→ ASSIGNED TASK: Look through the records below and copy each line that includes the word "facts".

+++

-- ===== src/Evidence/Canonical/Accounts.antt =====
-- Reconciliation (rintel/provider_arch/canonical.py) accounts for every candidate.
use mathlib.Core.List.Perm
use mathlib.Core.List.{Perm, append_assoc, map-append, perm_append_comm}
use rintel_core.Prelude.{
  ◌≡◌, refl, sym, ap, ◌∙◌, subst, inl, inr, List, [], ◌∷◌, ◌++◌, map, All, ok, err, ok-inj,
  ok-subst, after, Result-cases, Bool-cases,
}
use rintel_core.Evidence.Contract.{resolution_eq}
use rintel_core.Prelude.Groups.{Groups, group_by, members, group_by-perm}
use rintel_core.Prelude.Groups.Places.{members-perm}
use rintel_core.Prelude.Sort.{sort_by-perm}
use rintel_core.Evidence.Wire.{Codec}
use rintel_core.Evidence.Candidate.{EvidenceCandidate}
use rintel_core.Evidence.Canonical.Identity.{
  IdentityError, IdentityResolver, Item, Fate, accepted, unresolved, denied, fate,
}
use rintel_core.Evidence.Canonical.Fates.{
  IsResolved, IsUnresolved, fate-accepted, fate-IsUnresolved,
}
use rintel_core.Evidence.Canonical.Reconcile.{
  ProviderClaim, CanonicalEvidence, ProviderConflict, CanonicalizationResult, Slot, slot_of,
  claim_of, disagree, decide_all, add_fate, resolve_all, slots, slot_text, reconcile_raw_candidates,
  slot_eq,
}

abbrev pub evidence_claims : List CanonicalEvidence → List ProviderClaim
evidence_claims [] = []
evidence_claims (e ∷ es) = e.provider_claims ++ evidence_claims es

abbrev pub conflict_claims : List ProviderConflict → List ProviderClaim
conflict_claims [] = []
conflict_claims (c ∷ cs) = c.provider_claims ++ conflict_claims cs

-- the claims of a result, in canonical facts and in conflicts
abbrev pub all_claims : CanonicalizationResult → List ProviderClaim
all_claims r = evidence_claims r.evidence ++ conflict_claims r.conflicts

-- a middle part moved to the front
perm_front : {A : Type 0} (xs ys zs : List A) → Perm (xs ++ (ys ++ zs)) (ys ++ (xs ++ zs))
perm_front xs ys zs =
    rw (← append_assoc) (rw (← append_assoc) (Perm.append_right zs (perm_append_comm xs ys)))

-- A claim tells what its item says.
pub record Tells (i : Item) (c : ProviderClaim) : Type 0 where
  pub same_provider : c.provider_id ≡ i.candidate.provider_id
  pub same_fact : c.provider_fact_id ≡ i.candidate.provider_fact_id
  pub same_object : c.object_value ≡ i.object_value
  pub same_truth : c.truth_class ≡ i.candidate.truth_class
  pub same_coverage : c.coverage ≡ i.candidate.coverage
  pub same_resolution : c.resolution ≡ i.candidate.resolution
  pub same_span : c.source_span ≡ i.candidate.source_span
  pub same_witness : c.witness ≡ i.candidate.witness

tells : (i : Item) → Tells i (claim_of i)
tells i = record {
  same_provider = refl;
  same_fact = refl;
  same_object = refl;
  same_truth = refl;
  same_coverage = refl;
  same_resolution = refl;
  same_span = refl;
  same_witness = refl;
}

module _ (codec : Codec) where
  decide_all-perm :
      (gs : Groups Slot Item)
      → Perm
          (evidence_claims (decide_all codec gs).0 ++ conflict_claims (decide_all codec gs).1)
          (map claim_of (members gs))
  unfolding decide_all
  decide_all-perm [] = Perm.refl []
  decide_all-perm ((s, []) ∷ gs) = decide_all-perm gs
  decide_all-perm ((s, i ∷ is) ∷ gs) = elim (Bool-cases (disagree codec (i ∷ is))) [
    | inl q ↦
        rw (q, map-append)
          (Perm.trans
            (perm_front (evidence_claims (decide_all codec gs).0) (map claim_of (i ∷ is))
              (conflict_claims (decide_all codec gs).1))
            (Perm.append_left (map claim_of (i ∷ is)) (decide_all-perm gs)))
    | inr q ↦
        rw (q, map-append)
          (rw append_assoc (Perm.append_left (map claim_of (i ∷ is)) (decide_all-perm gs)))
  ]

  slots-perm : (is : List Item) → Perm (members (slots codec is)) is
  slots-perm is =
      Perm.trans (members-perm (sort_by-perm (slot_text codec) (group_by slot_of is)))
        (group_by-perm slot_of is)

  module _ (resolver : IdentityResolver) where
    -- the first loop parts the candidates into those that are resolved and those that are not
    pub record Sorts (cs : List EvidenceCandidate) (is : List Item) (us : List EvidenceCandidate)
        : Type 0 where
      pub kept : Perm (map (λ (i : Item). i.candidate) is ++ us) cs
      pub resolved : All (IsResolved codec resolver) is
      pub unresolved_ones : All (IsUnresolved codec resolver) us

    add_fate-Sorts :
        (c : EvidenceCandidate) (f : Fate) (cs : List EvidenceCandidate) (js : List Item)
        (vs : List EvidenceCandidate) (is : List Item) (us : List EvidenceCandidate)
        → fate codec resolver c ≡ f
        → Sorts cs js vs
        → add_fate codec resolver c f (ok (js, vs)) ≡ ok (is, us)
        → Sorts (c ∷ cs) is us
    add_fate-Sorts c (accepted i) cs js vs is us f s h =
        let (same, found) = fate-accepted codec resolver c i f in
        ok-subst (λ p. Sorts (c ∷ cs) p.0 p.1) h
          (record {
            kept =
                subst (λ d. Perm (d ∷ (map (λ (i : Item). i.candidate) js ++ vs)) (c ∷ cs))
                  (sym same) (Perm.append_left (c ∷ []) s.kept);
            resolved = (found, s.resolved);
            unresolved_ones = s.unresolved_ones;
          })
    add_fate-Sorts c unresolved cs js vs is us f s h =
        ok-subst (λ p. Sorts (c ∷ cs) p.0 p.1) h
          (record {
            kept =
                Perm.trans (perm_front (map (λ (i : Item). i.candidate) js) (c ∷ []) vs)
                  (Perm.append_left (c ∷ []) s.kept);
            resolved = s.resolved;
            unresolved_ones = (fate-IsUnresolved codec resolver c f, s.unresolved_ones);
          })
    add_fate-Sorts c denied cs js vs is us f s h = absurd cc

    add_fate-err :
        (c : EvidenceCandidate) (f : Fate) (x : IdentityError)
        (p : List Item × List EvidenceCandidate)
        → add_fate codec resolver c f (err x) ≡ ok p
        → ⊥
    add_fate-err c (accepted i) x p h = cc
    add_fate-err c unresolved x p h = cc
    add_fate-err c denied x p h = cc

    resolve_all-Sorts :
        (cs : List EvidenceCandidate) (is : List Item) (us : List EvidenceCandidate)
        → resolve_all codec resolver cs ≡ ok (is, us)
        → Sorts cs is us
    unfolding resolve_all
    resolve_all-Sorts [] is us h =
        ok-subst (λ p. Sorts [] p.0 p.1) h
          (record { kept = Perm.refl []; resolved = tt; unresolved_ones = tt })
    resolve_all-Sorts (c ∷ cs) is us h = elim (Result-cases (resolve_all codec resolver cs)) [
      | inl ((js, vs), e) ↦
          add_fate-Sorts c (fate codec resolver c) cs js vs is us refl
            (resolve_all-Sorts cs js vs e)
            (sym (ap (add_fate codec resolver c (fate codec resolver c)) e) ∙ h)
      | inr (x, e) ↦ absurd (
          add_fate-err c (fate codec resolver c) x (is, us)
            (sym (ap (add_fate codec resolver c (fate codec resolver c)) e) ∙ h))
    ]

    -- Every given candidate is accounted for as often as it was given. It stays unresolved, where the
    -- resolver finds no subject or no object, or an identity that is empty as the object; or it is
    -- resolved to an item, whose subject and object the resolver has found, an identity that is not null
    -- where the target is exact. The claims of the items, and no others, stand in the canonical facts and
    -- the conflicts, each once. A claim has the resolved object, and the provider, the provider's fact,
    -- the truth class, the coverage, the resolution, the place and the witness of its candidate.
    pub reconcile-accounts :
        (cs : List EvidenceCandidate) (r : CanonicalizationResult)
        → reconcile_raw_candidates codec resolver cs ≡ ok r
        → (is : List Item) × Sorts cs is r.unresolved
          × Perm (all_claims r) (map claim_of is)
          × ((i : Item) → Tells i (claim_of i))
    unfolding reconcile_raw_candidates
    reconcile-accounts cs r h =
        let ((is, us), e, g) = after (resolve_all codec resolver cs) _ h in
        let same : us ≡ r.unresolved = ap (λ q. q.unresolved) (ok-inj g) in
        let ev = ap (λ q. q.evidence) (ok-inj g) in
        let co = ap (λ q. q.conflicts) (ok-inj g) in
        (
          is,
          subst (Sorts cs is) same (resolve_all-Sorts cs is us e),
          rw (← ev, ← co)
              (Perm.trans (decide_all-perm (slots codec is)) (Perm.map claim_of (slots-perm is))),
          tells,
        )
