-- ===== src/Evidence/Canonical/Agreement.antt =====
-- A canonical fact is what all its claims agree on, and a conflict is a disagreement: no claim wins.
use rintel_core.Prelude.{
  ◌≡◌, ◌≢◌, refl, sym, ap, ◌∙◌, inl, inr, true, false, List, [], ◌∷◌, map, All, In, arith, ok,
  Result-cases, Bool-cases, nat_eq,
}
use rintel_core.Prelude.Json.{or_null}
use rintel_core.Prelude.Groups.{Groups, group_by, IsGroup, group_by-IsGroup}
use rintel_core.Prelude.Groups.Places.{
  In-map, All-In, group_by-one, group_by-two, IsWithin, group_by-IsWithin,
}
use rintel_core.Prelude.Sort.{sort_by-All}
use rintel_core.Evidence.Wire.{Codec, span_json}
use rintel_core.Evidence.Candidate.{EvidenceCandidate}
use rintel_core.Evidence.Canonical.Identity.{IdentityResolver, Item}
use rintel_core.Evidence.Canonical.Reconcile.{
  ProviderClaim, CanonicalEvidence, ProviderConflict, CanonicalizationResult, Slot, slot_of,
  claim_of, Variant, variant_of, variant_eq, slot_eq, disagree, decide_all, resolve_all, slots,
  slot_text, reconcile_raw_candidates, evidence_of, conflict_of,
}

module _ (codec : Codec) where
  open codec use {dumps}

  -- A claim says what the fact says: the object and the place by their texts, and the dimensions.
  pub record Supports (e : CanonicalEvidence) (c : ProviderClaim) : Type 0 where
    pub same_object : dumps c.object_value ≡ dumps e.object_value
    pub same_truth : c.truth_class ≡ e.truth_class
    pub same_coverage : c.coverage ≡ e.coverage
    pub same_resolution : c.resolution ≡ e.resolution
    pub same_span :
        dumps (or_null span_json c.source_span) ≡ dumps (or_null span_json e.source_span)

  -- Two resolved candidates for the slot of a conflict that differ, both kept among its claims.
  pub record Disagrees (is : List Item) (c : ProviderConflict) : Type 0 where
    pub left : Item
    pub right : Item
    pub left_given : In left is
    pub right_given : In right is
    pub left_slot : slot_of left ≡ slot_of right
    pub subject_kept : left.subject ≡ c.subject
    pub relation_kept : left.candidate.predicate ≡ c.relation
    pub differ : variant_of codec left ≢ variant_of codec right
    pub left_kept : In (claim_of left) c.provider_claims
    pub right_kept : In (claim_of right) c.provider_claims

  one_variant :
      (is : List Item) (x y : Item)
      → disagree codec is ≡ false
      → In x is
      → In y is
      → variant_of codec x ≡ variant_of codec y
  unfolding disagree
  one_variant is x y h mx my = group_by-one (variant_of codec) is x y (ground (arith, h)) mx my

  Supports-variant :
      (s : Slot) (i j : Item) (is : List Item)
      → variant_of codec j ≡ variant_of codec i
      → Supports (evidence_of codec s i is) (claim_of j)
  Supports-variant s i j is h = record {
    same_object = ap (λ (v : Variant). v.object_text) h;
    same_truth = ap (λ (v : Variant). v.truth_class) h;
    same_coverage = ap (λ (v : Variant). v.coverage) h;
    same_resolution = ap (λ (v : Variant). v.resolution) h;
    same_span = ap (λ (v : Variant). v.span_text) h;
  }

  All-map :
      {A B : Type 0} (P : B → Type 0) (f : A → B) (xs : List A)
      → ((a : A) → In a xs → P (f a))
      → All P (map f xs)
  All-map P f [] h = tt
  All-map P f (x ∷ xs) h = (h x (inl refl), All-map P f xs (λ a m. h a (inr m)))

  -- what is shown of each canonical fact
  abbrev pub IsAgreed : CanonicalEvidence → Type 0
  IsAgreed e = All (Supports e) e.provider_claims × (e.provider_claims ≢ [])

  decide_all-IsAgreed : (gs : Groups Slot Item) → All IsAgreed (decide_all codec gs).0
  unfolding decide_all
  decide_all-IsAgreed [] = tt
  decide_all-IsAgreed ((s, []) ∷ gs) = decide_all-IsAgreed gs
  decide_all-IsAgreed ((s, i ∷ is) ∷ gs) = elim (Bool-cases (disagree codec (i ∷ is))) [
    | inl q ↦ rw q (decide_all-IsAgreed gs)
    | inr q ↦ rw q (
      (
        All-map (Supports (evidence_of codec s i (i ∷ is))) claim_of (i ∷ is)
            (λ j m. Supports-variant s i j (i ∷ is) (one_variant (i ∷ is) j i q m (inl refl))),
        λ e. cc,
      ),
      decide_all-IsAgreed gs,
    )
  ]

  Disagrees-group :
      (all : List Item) (s : Slot) (i : Item) (is : List Item)
      → disagree codec (i ∷ is) ≡ true
      → IsGroup slot_of (s, i ∷ is)
      → IsWithin all (s, i ∷ is)
      → Disagrees all (conflict_of codec s (i ∷ is))
  unfolding disagree
  Disagrees-group all s i is q g w =
      let (x, y, mx, my, n) = group_by-two (variant_of codec) i is (λ h. ground (arith, h)) in
      let sx = All-In (λ v. slot_of v ≡ s) (i ∷ is) g.0 mx in
      let sy = All-In (λ v. slot_of v ≡ s) (i ∷ is) g.0 my in
      record {
        left = x;
        right = y;
        left_given = All-In (λ v. In v all) (i ∷ is) w mx;
        right_given = All-In (λ v. In v all) (i ∷ is) w my;
        left_slot = sx ∙ sym sy;
        subject_kept = ap (λ (t : Slot). t.subject) sx;
        relation_kept = ap (λ (t : Slot). t.predicate) sx;
        differ = n;
        left_kept = In-map claim_of x (i ∷ is) mx;
        right_kept = In-map claim_of y (i ∷ is) my;
      }

  decide_all-Disagrees :
      (all : List Item) (gs : Groups Slot Item)
      → All (IsGroup slot_of) gs
      → All (IsWithin all) gs
      → All (Disagrees all) (decide_all codec gs).1
  unfolding decide_all
  decide_all-Disagrees all [] h w = tt
  decide_all-Disagrees all ((s, []) ∷ gs) h w = decide_all-Disagrees all gs h.1 w.1
  decide_all-Disagrees all ((s, i ∷ is) ∷ gs) h w = elim (Bool-cases (disagree codec (i ∷ is))) [
    | inl q ↦ rw q (Disagrees-group all s i is q h.0 w.0, decide_all-Disagrees all gs h.1 w.1)
    | inr q ↦ rw q (decide_all-Disagrees all gs h.1 w.1)
  ]

  module _ (resolver : IdentityResolver) where
    -- All claims of a canonical fact have the text of its object and of its place, its truth class, its coverage and
    -- its resolution, and there is a claim.
    pub reconcile-IsAgreed :
        (cs : List EvidenceCandidate) (r : CanonicalizationResult)
        → reconcile_raw_candidates codec resolver cs ≡ ok r
        → All IsAgreed r.evidence
    unfolding reconcile_raw_candidates
    reconcile-IsAgreed cs r h = elim (Result-cases (resolve_all codec resolver cs)) [
      | inl ((is, us), e) ↦
          let ev : (decide_all codec (slots codec is)).0 ≡ r.evidence = ground (arith, e) in
          rw (← ev) (decide_all-IsAgreed (slots codec is))
      | inr (x, e) ↦ absurd (ground (arith, e))
    ]

    -- For each conflict two resolved candidates were given for its slot whose object, place or
    -- dimensions differ, and the claims of both are kept in it.
    pub reconcile-Disagrees :
        (cs : List EvidenceCandidate) (r : CanonicalizationResult)
        → reconcile_raw_candidates codec resolver cs ≡ ok r
        → (is : List Item) × (resolve_all codec resolver cs ≡ ok (is, r.unresolved))
          × All (Disagrees is) r.conflicts
    unfolding reconcile_raw_candidates
    reconcile-Disagrees cs r h = elim (Result-cases (resolve_all codec resolver cs)) [
      | inl ((is, us), e) ↦
          let same : us ≡ r.unresolved = ground (arith, e) in
          let co : (decide_all codec (slots codec is)).1 ≡ r.conflicts = ground (arith, e) in
          let groups = group_by slot_of is in
          (
            is,
            rw (← same) e,
            rw (← co) (
                decide_all-Disagrees is (slots codec is)
                  (sort_by-All (slot_text codec) (IsGroup slot_of) groups
                    (group_by-IsGroup slot_of is))
                  (sort_by-All (slot_text codec) (IsWithin is) groups
                    (group_by-IsWithin slot_of is))),
          )
      | inr (x, e) ↦ absurd (ground (arith, e))
    ]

+++

→ SOLUTION TO THIS TASK:
-- the claims of a result, in canonical facts and in conflicts
    -- where the target is exact. The claims of the items, and no others, stand in the canonical facts and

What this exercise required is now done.